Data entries
▽

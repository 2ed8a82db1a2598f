-- ===== src/LimitResolver/SetLimit.antt =====
-- HandleSetLimit (mash-go/pkg/features/limit_resolver.go).
use mash.Base.{
  ℕ, ◌*◌, Bool, true, false, not, ◌&&◌, Option, none, some, List, [], ◌∷◌, ◌++◌, String-discrete,
  ite, ltb, is_some, if◌then◌else◌,
}
use mash.Base.Int.{ℤ, pos, ltb_ℤ, is_neg}
use mash.Base.GoMap.{string_key, nat_key}
use mash.Duration.{second}
use mash.EnergyControl.{
  ControlState, override, RejectReason, invalid_value, device_override, SetLimitRequest,
  SetLimitResponse, Caller, is_override,
}
use mash.LimitResolver.{
  LimitResolver, MyAttribute, my_consumption_limit, my_production_limit, Change, notify,
  both_cleared, resolve_and_apply, clear_zone_locked, ensure_zone_index, store_consumption,
  store_production,
}

-- HandleSetLimit answers, or returns a CommandError with StatusConstraintError.
pub data Reply : Type 0 where
  answer : SetLimitResponse → Reply
  constraint_error : Reply

abbrev pub Outcome : Type 0
Outcome = LimitResolver × Reply × List Change

abbrev pub reject : LimitResolver → RejectReason → ControlState → Outcome
reject r reason state = (
  r,
  answer (record {
    applied = false;
    control_state = state;
    effective_consumption_limit = none;
    effective_production_limit = none;
    reject_reason = some reason;
  }),
  [],
)

abbrev pub negative : Option ℤ → Bool
negative none = false
negative (some v) = is_neg v

abbrev pub exceeds : Option ℤ → ℤ → Bool
exceeds none max = false
exceeds (some v) max = ltb_ℤ (pos 0) max && ltb_ℤ max v

abbrev pub duration_of : Option ℕ → ℕ
duration_of none = 0
duration_of (some d) = if ltb 0 d then d * second else 0

unfoldable pub deactivate : LimitResolver → Caller → ℕ → Outcome
deactivate r caller now =
    let r' = resolve_and_apply (clear_zone_locked r caller.zone_id) now in
    (
      r',
      answer (record {
        applied = true;
        control_state = r'.ec.control_state;
        effective_consumption_limit = none;
        effective_production_limit = none;
        reject_reason = none;
      }),
      notify r' caller.zone_id both_cleared,
    )

abbrev pub set_changes : SetLimitRequest → List (MyAttribute × Option ℤ)
set_changes req =
    (elim req.consumption_limit [ none ↦ [] | some v ↦ (my_consumption_limit, some v) ∷ [] ])
    ++ (elim req.production_limit [ none ↦ [] | some v ↦ (my_production_limit, some v) ∷ [] ])

-- The per-zone values and timers, before they are resolved.
unfoldable pub store_limits : LimitResolver → Caller → SetLimitRequest → ℕ → LimitResolver
store_limits r caller req now =
    let (indexed, idx) = ensure_zone_index r caller.zone_id in
    let dur = duration_of req.duration in
    store_production (store_consumption indexed caller idx dur req.consumption_limit now) caller idx
      dur req.production_limit now

unfoldable pub activate : LimitResolver → Caller → SetLimitRequest → ℕ → Outcome
unfolding store_limits
activate r caller req now =
    let r' = resolve_and_apply (store_limits r caller req now) now in
    (
      r',
      answer (record {
        applied = true;
        control_state = r'.ec.control_state;
        effective_consumption_limit = r'.ec.effective_consumption_limit;
        effective_production_limit = r'.ec.effective_production_limit;
        reject_reason = none;
      }),
      notify r' caller.zone_id (set_changes req),
    )

unfoldable pub handle_set_limit : LimitResolver → Caller → SetLimitRequest → ℕ → Outcome
unfolding is_override
handle_set_limit r caller req now =
    ite (String-discrete caller.zone_id "") (reject r invalid_value r.ec.control_state) (
      if negative req.consumption_limit
      then reject r invalid_value r.ec.control_state
      else if negative req.production_limit
      then reject r invalid_value r.ec.control_state
      else if exceeds req.consumption_limit r.max_consumption
      then (r, constraint_error, [])
      else if exceeds req.production_limit r.max_production
      then (r, constraint_error, [])
      else if is_override r.ec
      then reject r device_override override
      else if not (is_some req.consumption_limit) && not (is_some req.production_limit)
      then deactivate r caller now
      else activate r caller req now)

△

→ Task details
Look over the records. Copy the lines that include the word "else".

→ Answer section
  ite, ltb, is_some, if◌then◌else◌,
duration_of (some d) = if ltb 0 d then d * second else 0
      else if negative req.production_limit
      else if exceeds req.consumption_limit r.max_consumption
      else if exceeds req.production_limit r.max_production
      else if is_override r.ec
      else if not (is_some req.consumption_limit) && not (is_some req.production_limit)
      else activate r caller req now)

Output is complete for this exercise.